Title: Prostate Cancer–specific Survival After Radical Prostatectomy Is Improved Among Metformin Users but Not Among Other Antidiabetic Drug Users
Author: Joentausta, Roni M.; Rannikko, Antti; Murtola, Teemu J.
Contributor organization: Helsinki University Hospital Area
Clinicum
Department of Surgery
Urologian yksikkö
HUS Abdominal Center
Date: 2021-12
Language: eng
Number of pages: 8
Belongs to series: European urology open science
ISSN: 2666-1691
DOI: https://doi.org/10.1016/j.euros.2021.10.002
URI: http://hdl.handle.net/10138/340633
Abstract: Background: Metformin has been linked to improved survival among diabetic prostate cancer (PCa) patients, while hyperinsulinemia and insulin usage has been related to worse prognosis. Objective: To evaluate the association of metformin and other antidiabetic drugs with PCa death and androgen deprivation therapy (ADT). Design, setting, and participants: The study cohort included 14 424 men who underwent radical prostatectomy in Finland during 1995–2013. Cases were identified, and clinical data were collected from patient files and national registries using personal identification numbers. Intervention: Information on the use of each antidiabetic drug during 1995–2014 was collected from prescription registry of the Social Insurance Institution of Finland. Outcome measurements and statistical analysis: The risks of PCa death and initiation of ADT were analyzed by antidiabetic drug use with the Cox regression method. Each antidiabetic drug group was analyzed separately to model simultaneous usage.
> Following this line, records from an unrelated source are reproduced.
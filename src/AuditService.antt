-- ===== src/AuditService.antt =====
-- apps/runtime/citadel/services/audit_service.py: one append to the hash-chained log for each
-- governance event of the kernel. The ISO text of an instant stands as the instant.
use ledger_sdk.Prelude.{ℕ, String, ℤ, pos, true, Option, none, some, or_else}
use ledger_sdk.Values.{
  Value, Fields, null, boolean, number, text, array, end, field, keys, type_name, of_option,
  take_chars,
}
use ledger_sdk.Actions.{Action, Decision, value}
use ledger_sdk.Budgets.{BudgetDecision}
use ledger_sdk.Db.{App, Env}
use ledger_sdk.PolicyResolver.{PolicySnapshot}
use ledger_sdk.Repository.{save_audit_event}

unfoldable pub log : Env → Action → String → Fields → Option String → App ℕ
log env action event_type payload override =
    save_audit_event env (or_else override action.action_id) event_type payload
      (some action.actor_id) action.tenant_id

unfoldable pub action_received : Env → Action → App ℕ
action_received env action =
    log env action "action_received"
      (field "action_name" (text action.action_name) (
        field "resource" (text action.resource)
          (field "payload_keys" (array (keys action.payload)) end)))
      none

abbrev snapshot_text : (PolicySnapshot → String) → Option PolicySnapshot → Value
snapshot_text f none = null
snapshot_text f (some s) = text (f s)

unfoldable pub policy_evaluated : Env → Action → Option PolicySnapshot → App ℕ
policy_evaluated env action snapshot =
    log env action "policy_evaluated"
      (field "snapshot_id" (snapshot_text (λ s. s.snapshot_id) snapshot)
        (field "policy_version" (snapshot_text (λ s. s.policy_version) snapshot) end))
      none

unfoldable pub approval_requested : Env → Action → String → App ℕ
approval_requested env action approval_id =
    log env action "approval_requested" (field "approval_id" (text approval_id) end) none

unfoldable pub approval_granted : Env → Action → String → String → App ℕ
approval_granted env action approval_id reviewer =
    log env action "approval_granted"
      (field "approval_id" (text approval_id) (field "reviewed_by" (text reviewer) end)) none

unfoldable pub approval_denied : Env → Action → String → String → String → App ℕ
approval_denied env action approval_id reviewer reason =
    log env action "approval_denied"
      (field "approval_id" (text approval_id)
        (field "reviewed_by" (text reviewer) (field "reason" (text reason) end)))
      none

unfoldable pub decision_made : Env → Action → Decision → App ℕ
decision_made env action d =
    log env action "decision_made"
      (field "decision_id" (text d.decision_id) (
        field "status" (text (value d.status)) (
          field "winning_rule" (text d.winning_rule)
            (field "reason" (text d.reason) (field "path_taken" (of_option d.path_taken) end)))))
      none

unfoldable pub action_executed : Env → Action → Value → App ℕ
action_executed env action result =
    log env action "action_executed"
      (field "success" (boolean true) (field "result_type" (text (type_name result)) end)) none

unfoldable pub action_failed : Env → Action → String → App ℕ
action_failed env action error =
    log env action "action_failed" (field "error" (text (take_chars 500 error)) end) none

unfoldable pub idempotent_return : Env → Action → Decision → App ℕ
idempotent_return env action cached =
    log env action "action_received"
      (field "idempotent" (boolean true) (
        field "cached_decision_id" (text cached.decision_id)
          (field "cached_status" (text (value cached.status)) end)))
      (some cached.action_id)

abbrev int_or_null : Option ℤ → Value
int_or_null none = null
int_or_null (some n) = number n

unfoldable pub spend_limit_exceeded : Env → Action → BudgetDecision → App ℕ
spend_limit_exceeded env action d =
    log env action "spend_limit_exceeded"
      (field "enforcement_action" (text d.enforcement_action) (
        field "reason" (text d.reason) (
          field "projected_cost_cents" (number d.projected_cost_cents) (
            field "current_spend_cents" (number d.current_spend_cents) (
              field "budget_amount_cents" (int_or_null d.budget_amount_cents) (
                field "budget_id" (elim d.budget [ none ↦ null | some b ↦ of_option b.budget_id ])
                  (field "budget_name" (elim d.budget [ none ↦ null | some b ↦ text b.name ])
                    (field "scope_type" (elim d.budget [ none ↦ null | some b ↦ text b.scope_type ])
                      (field "scope_value"
                        (elim d.budget [ none ↦ null | some b ↦ text b.scope_value ])
                        (field "period_start" (number (pos d.period_start))
                          (field "period_end" (number (pos d.period_end)) end)))))))))))
      none

unfoldable pub escalation_triggered : Env → Action → ℤ → String → App ℕ
escalation_triggered env action level reason =
    log env action "escalation_triggered"
      (field "escalation_level" (number level) (field "reason" (text reason) end)) none
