-- ===== src/Calendar.antt =====
-- The proleptic Gregorian calendar of Python's `datetime`, as far as the period windows of
-- apps/runtime/citadel/commercial/cost_controls.py use it. An instant is the number of microseconds
-- since 0001-01-01 00:00 UTC, a Monday.
pub mod Bounds
use ledger_sdk.Prelude.{
  ℕ, zero, suc, ◌+◌, ◌-◌, ◌*◌, ◌/◌, ◌%◌, Bool, ◌&&◌, ◌||◌, not, ltb, eqb, if◌then◌else◌, ◌≡◌, refl,
}

abbrev pub day : ℕ
day = 86_400_000_000

unfoldable pub is_leap : ℕ → Bool
is_leap y = eqb (y % 4) 0 && (not (eqb (y % 100) 0) || eqb (y % 400) 0)

unfoldable pub days_in_year : ℕ → ℕ
unfolding is_leap
days_in_year y = if is_leap y then 366 else 365

unfoldable pub days_in_month : ℕ → ℕ → ℕ
unfolding is_leap
days_in_month y m =
    if eqb m 2
    then (if is_leap y then 29 else 28)
    else if eqb m 4 || eqb m 6 || eqb m 9 || eqb m 11
    then 30
    else 31

-- The days before the first of January of the year `suc k`.
unfoldable pub days_before_year : ℕ → ℕ
unfolding days_in_year
days_before_year zero = 0
days_before_year (suc k) = days_before_year k + days_in_year (suc k)

-- The days of the year `y` before the first of the month `suc k`.
unfoldable pub days_before_month : ℕ → ℕ → ℕ
unfolding days_in_month
days_before_month y zero = 0
days_before_month y (suc k) = days_before_month y k + days_in_month y (suc k)

-- The first day of a month, at midnight; years and months count from 1.
unfoldable pub month_start : ℕ → ℕ → ℕ
unfolding days_before_year days_before_month
month_start y m = (days_before_year (y - 1) + days_before_month y (m - 1)) * day

-- The year (as `suc k`) of a day, on fuel above the number of years left.
find_year : ℕ → ℕ → ℕ → ℕ
find_year zero k rest = k
find_year (suc f) k rest =
    let next = find_year f (suc k) (rest - days_in_year (suc k)) in
    if ltb rest (days_in_year (suc k)) then k else next

find_month : ℕ → ℕ → ℕ → ℕ → ℕ
find_month zero y k rest = k
find_month (suc f) y k rest =
    let next = find_month f y (suc k) (rest - days_in_month y (suc k)) in
    if ltb rest (days_in_month y (suc k)) then k else next

unfoldable pub year_of : ℕ → ℕ
unfolding find_year
year_of t = let d = t / day in suc (find_year (suc d) 0 d)

unfoldable pub month_of : ℕ → ℕ
unfolding find_month year_of days_before_year
month_of t = let y = year_of t in suc (find_month 11 y 0 (t / day - days_before_year (y - 1)))

-- `datetime.weekday`: 0 is Monday.
unfoldable pub weekday : ℕ → ℕ
weekday t = (t / day) % 7

unfoldable pub day_start : ℕ → ℕ
day_start t = (t / day) * day

-- 2026-11-26 was a Thursday.
calendar_test :
    (year_of (739_945 * day) ≡ 2026)
    × (month_of (739_945 * day) ≡ 11)
    × (weekday (739_945 * day) ≡ 3)
unfolding year_of month_of weekday days_in_year days_in_month
calendar_test = (refl, refl, refl)
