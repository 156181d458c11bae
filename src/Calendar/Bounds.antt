-- ===== src/Calendar/Bounds.antt =====
-- The year and the month of an instant, against the days before them.
use ledger_sdk.Prelude.{
  ℕ, zero, suc, ◌+◌, ◌-◌, ◌*◌, ◌/◌, ◌≤◌, ◌<◌, ltb, eqb, if◌then◌else◌, ◌≡◌, refl, ap, ◌∙◌, sym, inl,
  inr, Bool-cases, arith, if_true, if_false,
}
use mathlib.Core.Path.{subst}
use ledger_sdk.Calendar.{
  day_start, weekday, day, is_leap, days_in_year, days_in_month, days_before_year,
  days_before_month, find_year, find_month, year_of, month_of, month_start,
}

days_in_year_positive : (y : ℕ) → 0 < days_in_year y
unfolding days_in_year
days_in_year_positive y = elim (Bool-cases (is_leap y)) [
  | inl e ↦ ground (arith, e)
  | inr e ↦ ground (arith, e)
]

-- The year `suc r` holds the day `d`.
abbrev InYear : ℕ → ℕ → Type 0
InYear d r = (days_before_year r ≤ d) × (d < days_before_year (suc r))

find_year-InYear :
    (f k rest : ℕ) → rest < f → InYear (days_before_year k + rest) (find_year f k rest)
unfolding find_year days_before_year
find_year-InYear zero k rest h = absurd (omega arith)
find_year-InYear (suc f) k rest h = elim (Bool-cases (ltb rest (days_in_year (suc k)))) [
  | inl e ↦
      subst (InYear (days_before_year k + rest))
        (sym (if_true (ltb rest (days_in_year (suc k))) _ _ e)) (omega arith, ground (arith, e))
  | inr e ↦
      subst (InYear (days_before_year k + rest))
        (sym (if_false (ltb rest (days_in_year (suc k))) _ _ e))
        (subst (λ d. InYear d (find_year f (suc k) (rest - days_in_year (suc k))))
          (ground (arith, e))
          (find_year-InYear f (suc k) (rest - days_in_year (suc k))
            (ground (arith, e, days_in_year_positive (suc k)))))
]

-- The month `suc r` of the year holds the day `d` of that year.
abbrev InMonth : ℕ → ℕ → ℕ → Type 0
InMonth y d r = (days_before_month y r ≤ d) × (d < days_before_month y (suc r)) × (r ≤ 11)

find_month-InMonth :
    (f y k rest : ℕ)
    → k + f ≡ 11
    → days_before_month y k + rest < days_before_month y 12
    → InMonth y (days_before_month y k + rest) (find_month f y k rest)
unfolding find_month days_before_month
find_month-InMonth zero y k rest h b = (omega arith, last twelve, omega (arith, h))
  where
    twelve : 12 ≡ suc k
    twelve = omega (arith, h)

    last : 12 ≡ suc k → days_before_month y k + rest < days_before_month y (suc k)
    last e = subst (λ n. days_before_month y k + rest < days_before_month y n) e b
find_month-InMonth (suc f) y k rest h b = elim (Bool-cases (ltb rest (days_in_month y (suc k)))) [
  | inl e ↦
      subst (InMonth y (days_before_month y k + rest))
        (sym (if_true (ltb rest (days_in_month y (suc k))) _ _ e))
        (omega arith, ground (arith, e), omega (arith, h))
  | inr e ↦
      subst (InMonth y (days_before_month y k + rest))
        (sym (if_false (ltb rest (days_in_month y (suc k))) _ _ e))
        (subst (λ d. InMonth y d (find_month f y (suc k) (rest - days_in_month y (suc k))))
          (ground (arith, e))
          (find_month-InMonth f y (suc k) (rest - days_in_month y (suc k)) (omega (arith, h))
            (ground (arith, e, b))))
]

-- The twelve months make the year.
year_days : (y : ℕ) → days_before_month y 12 ≡ days_in_year y
unfolding days_before_month days_in_month days_in_year
year_days y = elim (Bool-cases (is_leap y)) [
  | inl e ↦ ground (arith, e)
  | inr e ↦ ground (arith, e)
]

month_start-suc :
    (k r : ℕ)
    → month_start (suc k) (suc r) ≡ (days_before_year k + days_before_month (suc k) r) * day
unfolding month_start
month_start-suc k r =
    ap (λ n. (days_before_year n + days_before_month (suc k) (suc r - 1)) * day) (sub_one k)
    ∙ ap (λ n. (days_before_year k + days_before_month (suc k) n) * day) (sub_one r)
  where
    sub_one : (n : ℕ) → suc n - 1 ≡ n
    sub_one n = omega arith

next_year_start : (k : ℕ) → month_start (suc k + 1) 1 ≡ days_before_year (suc k) * day
unfolding month_start days_before_month
next_year_start k =
    ap (λ n. (days_before_year n + 0) * day) (same k) ∙ plus_zero (days_before_year (suc k))
  where
    same : (k : ℕ) → suc k + 1 - 1 ≡ suc k
    same k = omega arith

    plus_zero : (n : ℕ) → (n + 0) * day ≡ n * day
    plus_zero n = omega arith

next_month_start :
    (k r : ℕ)
    → month_start (suc k) (suc r + 1)
      ≡ (days_before_year k + days_before_month (suc k) (suc r)) * day
next_month_start k r = ap (month_start (suc k)) (plus_one r) ∙ month_start-suc k (suc r)
  where
    plus_one : (r : ℕ) → suc r + 1 ≡ suc (suc r)
    plus_one r = omega arith

abbrev pub month_end : ℕ → ℕ → ℕ
month_end y m = if eqb m 12 then month_start (y + 1) 1 else month_start y (m + 1)

month_window :
    (t k r : ℕ)
    → InYear (t / day) k
    → InMonth (suc k) (t / day - days_before_year k) r
    → (month_start (suc k) (suc r) ≤ t) × (t < month_end (suc k) (suc r))
month_window t k r (a, b) (c, d, e) = (
  omega (arith, month_start-suc k r, a, c),
  elim (Bool-cases (eqb (suc r) 12)) [
    | inl q ↦
        subst (λ n. t < n) (sym (if_true (eqb (suc r) 12) _ _ q ∙ next_year_start k))
          (omega (arith, b))
    | inr q ↦
        subst (λ n. t < n) (sym (if_false (eqb (suc r) 12) _ _ q ∙ next_month_start k r))
          (omega (arith, a, d))
  ],
)

year_lem : (t : ℕ) → InYear (t / day) (find_year (suc (t / day)) 0 (t / day))
unfolding days_before_year
year_lem t =
    subst (λ d. InYear d (find_year (suc (t / day)) 0 (t / day))) (omega arith)
      (find_year-InYear (suc (t / day)) 0 (t / day) (omega arith))

year_step : (k : ℕ) → days_before_year (suc k) ≡ days_before_year k + days_in_year (suc k)
unfolding days_before_year
year_step k = refl

no_months : (y : ℕ) → days_before_month y 0 ≡ 0
unfolding days_before_month
no_months y = refl

month_of_rest :
    (y rest : ℕ) → rest < days_before_month y 12 → InMonth y rest (find_month 11 y 0 rest)
month_of_rest y rest h =
    subst (λ d. InMonth y d (find_month 11 y 0 rest)) (omega (arith, no_months y))
      (find_month-InMonth 11 y 0 rest (omega arith) (omega (arith, no_months y, h)))

month_lem :
    (t k : ℕ)
    → InYear (t / day) k
    → InMonth
        (suc k)
        (t / day - days_before_year k)
        (find_month 11 (suc k) 0 (t / day - days_before_year (suc k - 1)))
month_lem t k (a, b) =
    subst
      (λ n.
        InMonth (suc k) (t / day - days_before_year k)
          (find_month 11 (suc k) 0 (t / day - days_before_year n)))
      (omega arith)
      (month_of_rest (suc k) (t / day - days_before_year k)
        (omega (arith, a, b, year_days (suc k), year_step k)))

-- An instant lies in the month that `year_of` and `month_of` give it, and before the start of the
-- next month.
pub month-holds :
    (t : ℕ) → (month_start (year_of t) (month_of t) ≤ t) × (t < month_end (year_of t) (month_of t))
unfolding year_of month_of
month-holds t = month_window t _ _ (year_lem t) (month_lem t _ (year_lem t))

pub day-holds : (t : ℕ) → (day_start t ≤ t) × (t < day_start t + day)
unfolding day_start
day-holds t = omega arith

pub week-holds :
    (t : ℕ) → (day_start t - weekday t * day ≤ t) × (t < day_start t - weekday t * day + 7 * day)
unfolding day_start weekday
week-holds t = omega arith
Pre- and postdiagnostic uses were analyzed separately. Results and limitations: Prediagnostic use of antidiabetic drugs in general had no association with the risk of PCa death. Prediagnostic use of metformin was related to a reduced risk of ADT initiation (hazard ratio [HR] 0.75, 95% confidence interval [CI] 0.59–0.96), while high-dose insulin users had an increased risk. Overall, antidiabetic drug use after PCa diagnosis was associated with an elevated risk of PCa death. Only postdiagnostic metformin use was associated with reduced risks of PCa death (HR 0.47, 95% CI 0.30–0.76) and ADT initiation compared with nonusers. Study limitations are missing information on glycemic control, smoking, living or exercise habits, prostate-specific antigen, and Gleason score. Conclusions: Among surgically treated PCa patients, use of metformin was associated with improved disease-specific survival, while insulin and insulin secretagogues were associated with poor survival. Metformin might be a favorable diabetes treatment among men with PCa. Patient summary: In this Finnish nationwide study, we found that the risks of prostate cancer death and cancer progression are lowered among metformin users, but not among other antidiabetic drug users. Metformin might be a favorable treatment choice for diabetes in men with prostate cancer.
Description: Publisher Copyright: © 2021 The Author(s)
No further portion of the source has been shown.